Plus what liberals call “industrial policy” and conservatives used to call “lemon socialism”–loan guarantees, wrinkles in the tax code and other subsidies to private enterprises that evidently cannot prosper in the market without corporate welfare.

Plus the largest expansion of an entitlement since Medicare was enacted 38 years ago. The price put on the prescription-drug benefit–$400 billion over 10 years–is (a) a guess that everyone finds it convenient to accept, (b) probably low for the coming decade and (c) perhaps onefifth the cost of its second decade (see Robert J. Samuelson’s column in last week’s NEWSWEEK).

Now, let us not lapse into modern mugwumpery. There are too many people acting like political virgins, getting the vapors about “lobbyists,” “special interests,” “pork” and “logrolling.” Lobbyists are not only legal, they are necessary. In addition to appetites, they have knowledge about facets of American life that legislators know little of. Taken together, America’s interests, even the dreaded “special” ones, include everybody. Mutual toleration of each other’s pork makes legislative logrolling possible and, hence, often is necessary for legislating in a continental nation with large regional and other differences, and parties with weak ideologies and weaker discipline.

Still, it was difficult to square the energy bill–it also was an agriculture bill, with provisions for putting soybeans and corn in fuels–with Republican principles of respect for markets and skepticism about government management of industries. Fortunately, a filibuster killed the bill for this year. But the prescription-drug entitlement is, as AARP understands, the thin end of a huge wedge that AARP and others will work to drive steadily deeper into future budgets.
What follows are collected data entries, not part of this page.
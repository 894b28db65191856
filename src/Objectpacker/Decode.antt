-- ===== src/Objectpacker/Decode.antt =====
-- A decoder for the format of objectpacker/objectpacker.go. The program has none; it shows that a
-- packed value can be read back, so that no two meanings share their bytes.
pub mod RoundTrip
use native.Mathlib.Nat.{add_assoc}
use icinga_go_library.Prelude.{
  ℕ, zero, suc, ◌+◌, ◌*◌, ◌/◌, ◌%◌, ◌^◌, ◌≤◌, ◌<◌, Bool, true, false, ◌≡◌, refl, sym, ap, ◌∙◌,
  Option, none, some, List, [], ◌∷◌, ◌++◌, append_assoc, length, arith, ◌==◌, if◌then◌else◌, max,
}
use icinga_go_library.Objectpacker.Value.{Bytes}
use icinga_go_library.Objectpacker.Writer.{big_endian}
use icinga_go_library.Objectpacker.Tree.{
  Tree, Trees, Fields, null, truth, number, text, sequence, object, encode, encode_trees,
  encode_fields, count_trees, count_fields,
}

infixl 5 ◌>>=◌
abbrev ◌>>=◌ : {A B : Type 0} → Option A → (A → Option B) → Option B
none >>= f = none
some a >>= f = f a

read_number : ℕ → ℕ → Bytes → Option (ℕ × Bytes)
read_number zero n s = some (n, s)
read_number (suc k) n [] = none
read_number (suc k) n (b ∷ s) = read_number k (n * 256 + b) s

read_bytes : ℕ → Bytes → Option (Bytes × Bytes)
read_bytes zero s = some ([], s)
read_bytes (suc k) [] = none
read_bytes (suc k) (b ∷ s) = do (p, rest) ← read_bytes k s; some (b ∷ p, rest)

read_text : Bytes → Option (Bytes × Bytes)
unfolding read_number read_bytes
read_text s = do (n, rest) ← read_number 8 0 s; read_bytes n rest

-- the branch of a tag, given how to read what follows it
branch :
    ℕ
    → Bytes
    → (ℕ → Bytes → Option (Trees × Bytes))
    → (ℕ → Bytes → Option (Fields × Bytes))
    → Option (Tree × Bytes)
unfolding read_number read_text
branch tag s trees fields =
    if tag == 0
    then some (null, s)
    else if tag == 1
    then some (truth false, s)
    else if tag == 2
    then some (truth true, s)
    else if tag == 3
    then (do (n, rest) ← read_number 8 0 s; some (number n, rest))
    else if tag == 4
    then (do (p, rest) ← read_text s; some (text p, rest))
    else if tag == 5
    then (do (n, rest) ← read_number 8 0 s; (ts, rest') ← trees n rest; some (sequence ts, rest'))
    else if tag == 6
    then (do (n, rest) ← read_number 8 0 s; (fs, rest') ← fields n rest; some (object fs, rest'))
    else none

mutual
  unfolding branch read_text

  pub decode : ℕ → Bytes → Option (Tree × Bytes)
  decode zero s = none
  decode (suc f) [] = none
  decode (suc f) (tag ∷ s) = branch tag s (λ n r. decode_trees f n r) (λ n r. decode_fields f n r)

  decode_trees : ℕ → ℕ → Bytes → Option (Trees × Bytes)
  decode_trees zero n s = none
  decode_trees (suc f) zero s = some (Trees.nil, s)
  decode_trees (suc f) (suc n) s = do
    (t, rest) ← decode f s
    (ts, rest') ← decode_trees f n rest
    some (Trees.cons t ts, rest')

  decode_fields : ℕ → ℕ → Bytes → Option (Fields × Bytes)
  decode_fields zero n s = none
  decode_fields (suc f) zero s = some (Fields.end, s)
  decode_fields (suc f) (suc n) s = do
    (k, rest) ← read_text s
    (t, rest') ← decode f rest
    (fs, rest'') ← decode_fields f n rest'
    some (Fields.field k t fs, rest'')

-- the fuel that a tree takes
mutual
  pub depth : Tree → ℕ
  depth null = 1
  depth (truth b) = 1
  depth (number n) = 1
  depth (text s) = 1
  depth (sequence ts) = suc (depth_trees ts)
  depth (object fs) = suc (depth_fields fs)

  depth_trees : Trees → ℕ
  depth_trees Trees.nil = 1
  depth_trees (Trees.cons t ts) = suc (max (depth t) (depth_trees ts))

  depth_fields : Fields → ℕ
  depth_fields Fields.end = 1
  depth_fields (Fields.field k t fs) = suc (max (depth t) (depth_fields fs))

-- Each number in the tree fits its eight bytes: the bits of a float64, and the lengths, which are of
-- Go's int.
unfoldable mutual
  pub FitsTree : Tree → Type 0
  FitsTree null = Unit
  FitsTree (truth b) = Unit
  FitsTree (number n) = n < 2 ^ 64
  FitsTree (text s) = length s < 2 ^ 64
  FitsTree (sequence ts) = (count_trees ts < 2 ^ 64) × FitsTrees ts
  FitsTree (object fs) = (count_fields fs < 2 ^ 64) × FitsFields fs

  pub FitsTrees : Trees → Type 0
  FitsTrees Trees.nil = Unit
  FitsTrees (Trees.cons t ts) = FitsTree t × FitsTrees ts

  pub FitsFields : Fields → Type 0
  FitsFields Fields.end = Unit
  FitsFields (Fields.field k t fs) = (length k < 2 ^ 64) × FitsTree t × FitsFields fs
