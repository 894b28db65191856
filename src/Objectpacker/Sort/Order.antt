-- ===== src/Objectpacker/Sort/Order.antt =====
-- Sorting by distinct keys gives one result for every order of the pairs.
use mathlib.Core.List.{Permᴰ, Nodup, Nodup-cons, Mem, mem-cons_self}
use mathlib.Core.List.Perm
use icinga_go_library.Prelude.{
  true, false, ◌≡◌, ◌≢◌, refl, sym, ap, ap₂, subst, ◌∙◌, List, [], ◌∷◌, map, length, suc, arith,
}
use icinga_go_library.Objectpacker.Value.{Bytes}
use icinga_go_library.Objectpacker.Sort.{less, insert_key, sort_keys}

less_asym : (a b : Bytes) → less a b ≡ true → less b a ≡ false
unfolding less
less_asym [] [] h = refl
less_asym [] (b ∷ bs) h = refl
less_asym (a ∷ s) [] h = cc
less_asym (a ∷ s) (b ∷ bs) h = ground (arith, less_asym s bs)

less_total : (a b : Bytes) → less a b ≡ false → less b a ≡ false → a ≡ b
unfolding less
less_total [] [] h k = refl
less_total [] (b ∷ bs) h k = cc
less_total (a ∷ s) [] h k = cc
less_total (a ∷ s) (b ∷ bs) h k = ground (arith, less_total s bs)

-- from p ≤ x and x < q
less_trans : (p x q : Bytes) → less x p ≡ false → less x q ≡ true → less p q ≡ true
unfolding less
less_trans p [] [] h k = cc
less_trans p (b ∷ x) [] h k = cc
less_trans [] x (c ∷ q) h k = refl
less_trans (a ∷ p) [] (c ∷ q) h k = cc
less_trans (a ∷ p) (b ∷ x) (c ∷ q) h k = ground (arith, less_trans p x q)

module _ {A : Type 0} where
  insert_key_comm :
      (p q : Bytes) (a b : A) (l : List (Bytes × A))
      → p ≢ q
      → insert_key (p, a) (insert_key (q, b) l) ≡ insert_key (q, b) (insert_key (p, a) l)
  unfolding insert_key
  insert_key_comm p q a b [] h = ground (arith, less_asym p q, less_asym q p, less_total p q)
  insert_key_comm p q a b ((x, c) ∷ l) h = ground (
    arith,
    less_asym p q,
    less_asym q p,
    less_total p q,
    less_trans p x q,
    less_trans q x p,
    insert_key_comm p q a b l h,
  )

  abbrev pub keys : List (Bytes × A) → List Bytes
  keys l = map (λ p. p.0) l

  insert_pair_comm :
      (p q : Bytes × A) (l : List (Bytes × A))
      → p.0 ≢ q.0
      → insert_key p (insert_key q l) ≡ insert_key q (insert_key p l)
  insert_pair_comm p q l h = insert_key_comm p.0 q.0 p.1 q.1 l h

  pub sort_keys-Permᴰ :
      {l m : List (Bytes × A)} → Permᴰ l m → Nodup (keys l) → sort_keys l ≡ sort_keys m
  unfolding sort_keys
  sort_keys-Permᴰ Permᴰ.nil h = refl
  sort_keys-Permᴰ (Permᴰ.cons e p) h = ap₂ insert_key e (sort_keys-Permᴰ p (Nodup-cons.0 h).1)
  sort_keys-Permᴰ (Permᴰ.swap {a = a} {b = b} {l = l} e f) h =
      insert_pair_comm a b (sort_keys l)
        (λ same. (Nodup-cons.0 h).0 (subst (λ k. Mem k (keys (b ∷ l))) (sym same) mem-cons_self))
      ∙ ap₂ (λ p q. insert_key p (insert_key q (sort_keys l))) f e
  sort_keys-Permᴰ (Permᴰ.trans p q) h =
      sort_keys-Permᴰ p h
      ∙ sort_keys-Permᴰ q (Perm.nodup (Perm.map (λ (p : Bytes × A). p.0) ∣ p ∣₁) h)

pub length-Permᴰ : {A : Type 0} {l m : List A} → Permᴰ l m → length l ≡ length m
length-Permᴰ Permᴰ.nil = refl
length-Permᴰ (Permᴰ.cons _ p) = ap suc (length-Permᴰ p)
length-Permᴰ (Permᴰ.swap _ _) = refl
length-Permᴰ (Permᴰ.trans p q) = length-Permᴰ p ∙ length-Permᴰ q
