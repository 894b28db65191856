-- ===== src/Objectpacker/Counts.antt =====
-- The counts that `packValue` of objectpacker/objectpacker.go writes are those of the packed parts.
use icinga_go_library.Prelude.{
  suc, ◌≡◌, refl, ap, ◌∙◌, Option, none, some, List, [], ◌∷◌, length, arith, Bool-cases, inl, inr,
}
use icinga_go_library.Objectpacker.Value.{Bytes, Value, Values, Entries}
use icinga_go_library.Objectpacker.Sort.{sort_keys, insert_key, less}
use icinga_go_library.Objectpacker.Pack.{count_values, count_entries, add_pair}
use icinga_go_library.Objectpacker.Tree.{
  Tree, Trees, Fields, option_map, add_tree, fields_of, sorted_fields, key_of, tree_of, trees_of,
  pairs_of, count_trees, count_fields,
}

module _ {A : Type 0} where
  length-insert_key :
      (k : Bytes) (a : A) (l : List (Bytes × A)) → length (insert_key (k, a) l) ≡ suc (length l)
  unfolding insert_key
  length-insert_key k a [] = refl
  length-insert_key k a ((j, b) ∷ l) = elim (Bool-cases (less j k)) [
    | inl e ↦ rw e (ap suc (length-insert_key k a l))
    | inr e ↦ rw e
  ]

  pub length-sort_keys : (l : List (Bytes × A)) → length (sort_keys l) ≡ length l
  unfolding sort_keys
  length-sort_keys [] = refl
  length-sort_keys ((k, a) ∷ l) = length-insert_key k a (sort_keys l) ∙ ap suc (length-sort_keys l)

field_cases :
    (k : Bytes) (t : Tree) (o : Option Fields) {fs : Fields}
    → option_map (Fields.field k t) o ≡ some fs
    → (gs : Fields) × (o ≡ some gs) × (count_fields fs ≡ suc (count_fields gs))
unfolding count_fields
field_cases k t none h = cc
field_cases k t (some gs) h = (gs, refl, ground arith)

fields_count :
    (l : List (Bytes × Option Tree)) {fs : Fields}
    → fields_of l ≡ some fs
    → count_fields fs ≡ length l
unfolding fields_of
fields_count [] h = unfold count_fields in ground arith
fields_count ((k, none) ∷ l) h = cc
fields_count ((k, some t) ∷ l) h =
    let (gs, e, one_more) = field_cases k t (fields_of l) h in one_more ∙ ap suc (fields_count l e)

add_tree_cases :
    (o : Option Tree) (p : Option Trees) {ts : Trees}
    → add_tree o p ≡ some ts
    → (us : Trees) × (p ≡ some us) × (count_trees ts ≡ suc (count_trees us))
unfolding count_trees
add_tree_cases none p h = cc
add_tree_cases (some t) none h = cc
add_tree_cases (some t) (some us) h = (us, refl, ground arith)

add_pair_cases :
    (k : Option Bytes) (o : Option Tree) (p : Option (List (Bytes × Option Tree)))
    {l : List (Bytes × Option Tree)}
    → add_pair k o p ≡ some l
    → (m : List (Bytes × Option Tree)) × (p ≡ some m) × (length l ≡ suc (length m))
add_pair_cases none o p h = cc
add_pair_cases (some k) o none h = cc
add_pair_cases (some k) o (some m) h = (m, refl, ground arith)

module _ (sprint : Value → Bytes) where
  pub trees_count :
      (vs : Values) (ts : Trees) → trees_of sprint vs ≡ some ts → count_trees ts ≡ count_values vs
  unfolding trees_of count_values
  trees_count Values.nil ts h = unfold count_trees in ground arith
  trees_count (Values.cons v vs) ts h =
      let (us, e, one_more) = add_tree_cases (tree_of sprint v) (trees_of sprint vs) h in
      one_more ∙ ap suc (trees_count vs us e)

  pub pairs_count :
      (es : Entries) (l : List (Bytes × Option Tree))
      → pairs_of sprint es ≡ some l
      → length l ≡ count_entries es
  unfolding pairs_of count_entries
  pairs_count Entries.end l h = ground arith
  pairs_count (Entries.entry k v es) l h =
      let (m, e, one_more) =
        add_pair_cases (key_of sprint k (tree_of sprint k)) (tree_of sprint v) (pairs_of sprint es)
          h in
      one_more ∙ ap suc (pairs_count es m e)

  sorted_fields_cases :
      (o : Option (List (Bytes × Option Tree))) {fs : Fields}
      → sorted_fields o ≡ some fs
      → (l : List (Bytes × Option Tree)) × (o ≡ some l) × (fields_of (sort_keys l) ≡ some fs)
  unfolding sorted_fields
  sorted_fields_cases none h = cc
  sorted_fields_cases (some l) h = (l, refl, h)

  pub entries_count :
      (es : Entries) (fs : Fields)
      → sorted_fields (pairs_of sprint es) ≡ some fs
      → count_fields fs ≡ count_entries es
  entries_count es fs h =
      let (l, e, sorted) = sorted_fields_cases (pairs_of sprint es) h in
      fields_count (sort_keys l) sorted ∙ (length-sort_keys l ∙ pairs_count es l e)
Medicare was enacted before many advances in pharmacology. Had pharmacology been as advanced in 1965 as it is today, some drug benefit would have been included then. Besides, Republicans are understandably eager to nullify one of the Democrats’ signature issues by passing this benefit. And some Republicans say, if we don’t pass it, Democrats eventually will, and will do it worse. However, given the minimal reform of Medicare that accompanies the new entitlement, it is becoming less clear how Republicans are the superior stewards of the nation’s fiscal future.

Conservatives correctly fault liberals for being too result-oriented, for bending rules and cutting procedural corners to achieve their goals–often by means of injudicious, essentially legislative, uses of judicial power. But some Republican senators, frustrated by Democratic filibusters against the president’s judicial nominees, may try to incite extreme judicial activism. They are thinking of asking the Supreme Court to discover that such filibusters are unconstitutional. Their theory? The Constitution’s provision that the Senate must consent before judicial nominees can take office supposedly requires that all nominations be brought to a vote.

Even more recklessly, some Republicans–anticipating January 2005, with Bush re-elected and them still control-ling the Senate–want Vice President Cheney, presiding there, to rule that the Senate is not a continuing body, and that therefore a simple majority can rewrite Senate rules.

But even if they confined their rewriting merely to making it easier to end filibusters of judicial nominees, would it be conservative to weaken the filibuster? It is one of the blocking mechanisms that enable intense minorities to slow the governmental juggernaut. Besides, an awful precedent would be set: Senate rules would be permanently in play, tinkered with for partisan advantage by the majority every two years.

When the House of Representatives began voting on the prescription-drug bill, Republicans controlling the House realized they were short of the votes needed for passage. So they set aside their supposedly strict commitment to 15-minute votes, and held the voting open for nearly three hours.

House and Senate Republicans must assume they will never again be in the minority and vulnerable to payback. They are mistaken.